_Task data_:
────────────────────

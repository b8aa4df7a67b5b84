-- ===== src/Server/Table.antt =====
-- The handlers that run, as a list: who has a key, and how many are not counted off.
use psrpc.Base.{
  ℕ, suc, ◌≡◌, refl, ◌∙◌, Bool, true, false, List, [], ◌∷◌, ◌++◌, Option, none, some, Text,
  if◌then◌else◌, list_beq, arith, text_comparable, text_eq_iff,
}

-- A handler that was registered and whose key is still in the map; `done` says that it was counted
-- off.
pub record Running : Type 0 where
  pub key : Text
  pub handler : ℕ
  pub done : Bool

unfoldable pub handler_of : List Running → Text → Option ℕ
handler_of [] k = none
handler_of (r ∷ rs) k = if list_beq r.key k then some r.handler else handler_of rs k

-- How many were not counted off.
unfoldable pub unfinished : List Running → ℕ
unfinished [] = 0
unfinished (r ∷ rs) = if r.done then unfinished rs else suc (unfinished rs)

unfoldable pub Distinct : List Running → Type 0
Distinct [] = Unit
Distinct (r ∷ rs) = (handler_of rs r.key ≡ none) × Distinct rs

-- A handler that is only counted off keeps its place.
pub handler_of-mark :
    (front : List Running) (r : Running) (b : Bool) (back : List Running) (k : Text)
    → handler_of (front ++ record r { done = b } ∷ back) k ≡ handler_of (front ++ r ∷ back) k
unfolding handler_of
handler_of-mark [] r b back k = refl
handler_of-mark (f ∷ front) r b back k = ground (arith, handler_of-mark front r b back k)

pub Distinct-mark :
    (front : List Running) (r : Running) (b : Bool) (back : List Running)
    → Distinct (front ++ r ∷ back)
    → Distinct (front ++ record r { done = b } ∷ back)
unfolding Distinct
Distinct-mark [] r b back d = d
Distinct-mark (f ∷ front) r b back (n, d) =
    (handler_of-mark front r b back f.key ∙ n, Distinct-mark front r b back d)

pub unfinished-mark :
    (front : List Running) (r : Running) (back : List Running)
    → unfinished (front ++ record r { done = false } ∷ back)
      ≡ suc (unfinished (front ++ record r { done = true } ∷ back))
unfolding unfinished
unfinished-mark [] r back = refl
unfinished-mark (f ∷ front) r back = ground (arith, unfinished-mark front r back)

pub unfinished-remove :
    (front : List Running) (r : Running) (back : List Running)
    → r.done ≡ true
    → unfinished (front ++ r ∷ back) ≡ unfinished (front ++ back)
unfolding unfinished
unfinished-remove [] r back e = rw e refl
unfinished-remove (f ∷ front) r back e = ground (arith, unfinished-remove front r back e)

-- One that is removed was the only one with its key.
handler_of-middle :
    (front : List Running) (r : Running) (back : List Running) (k : Text)
    → handler_of (front ++ r ∷ back) k ≡ none
    → (list_beq r.key k ≡ false) × (handler_of (front ++ back) k ≡ none)
unfolding handler_of
handler_of-middle [] r back k h = ground (arith)
handler_of-middle (f ∷ front) r back k h = ground (arith, handler_of-middle front r back k)

pub handler_of-remove :
    (front : List Running) (r : Running) (back : List Running) (k : Text)
    → Distinct (front ++ r ∷ back)
    → handler_of (front ++ back) k
      ≡ (if list_beq r.key k then none else handler_of (front ++ r ∷ back) k)
unfolding handler_of Distinct
handler_of-remove [] r back k (n, d) = ground (arith, text_eq_iff r.key k)
handler_of-remove (f ∷ front) r back k (n, d) = ground (
  arith,
  handler_of-middle front r back f.key n,
  handler_of-remove front r back k d,
  text_eq_iff r.key k,
  text_eq_iff f.key k,
  text_eq_iff r.key f.key,
)

pub Distinct-remove :
    (front : List Running) (r : Running) (back : List Running)
    → Distinct (front ++ r ∷ back)
    → Distinct (front ++ back)
unfolding Distinct
Distinct-remove [] r back (n, d) = d
Distinct-remove (f ∷ front) r back (n, d) =
    ((handler_of-middle front r back f.key n).1, Distinct-remove front r back d)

────────────────────

Exactly the lines from the one containing "unfinished (front ++ back)" through the end of the listing above, inclusive, are to be written out, and no others.

    → unfinished (front ++ r ∷ back) ≡ unfinished (front ++ back)
unfolding unfinished
unfinished-remove [] r back e = rw e refl
unfinished-remove (f ∷ front) r back e = ground (arith, unfinished-remove front r back e)

-- One that is removed was the only one with its key.
handler_of-middle :
    (front : List Running) (r : Running) (back : List Running) (k : Text)
    → handler_of (front ++ r ∷ back) k ≡ none
    → (list_beq r.key k ≡ false) × (handler_of (front ++ back) k ≡ none)
unfolding handler_of
handler_of-middle [] r back k h = ground (arith)
handler_of-middle (f ∷ front) r back k h = ground (arith, handler_of-middle front r back k)

pub handler_of-remove :
    (front : List Running) (r : Running) (back : List Running) (k : Text)
    → Distinct (front ++ r ∷ back)
    → handler_of (front ++ back) k
      ≡ (if list_beq r.key k then none else handler_of (front ++ r ∷ back) k)
unfolding handler_of Distinct
handler_of-remove [] r back k (n, d) = ground (arith, text_eq_iff r.key k)
handler_of-remove (f ∷ front) r back k (n, d) = ground (
  arith,
  handler_of-middle front r back f.key n,
  handler_of-remove front r back k d,
  text_eq_iff r.key k,
  text_eq_iff f.key k,
  text_eq_iff r.key f.key,
)

pub Distinct-remove :
    (front : List Running) (r : Running) (back : List Running)
    → Distinct (front ++ r ∷ back)
    → Distinct (front ++ back)
unfolding Distinct
Distinct-remove [] r back (n, d) = d
Distinct-remove (f ∷ front) r back (n, d) =
    ((handler_of-middle front r back f.key n).1, Distinct-remove front r back d)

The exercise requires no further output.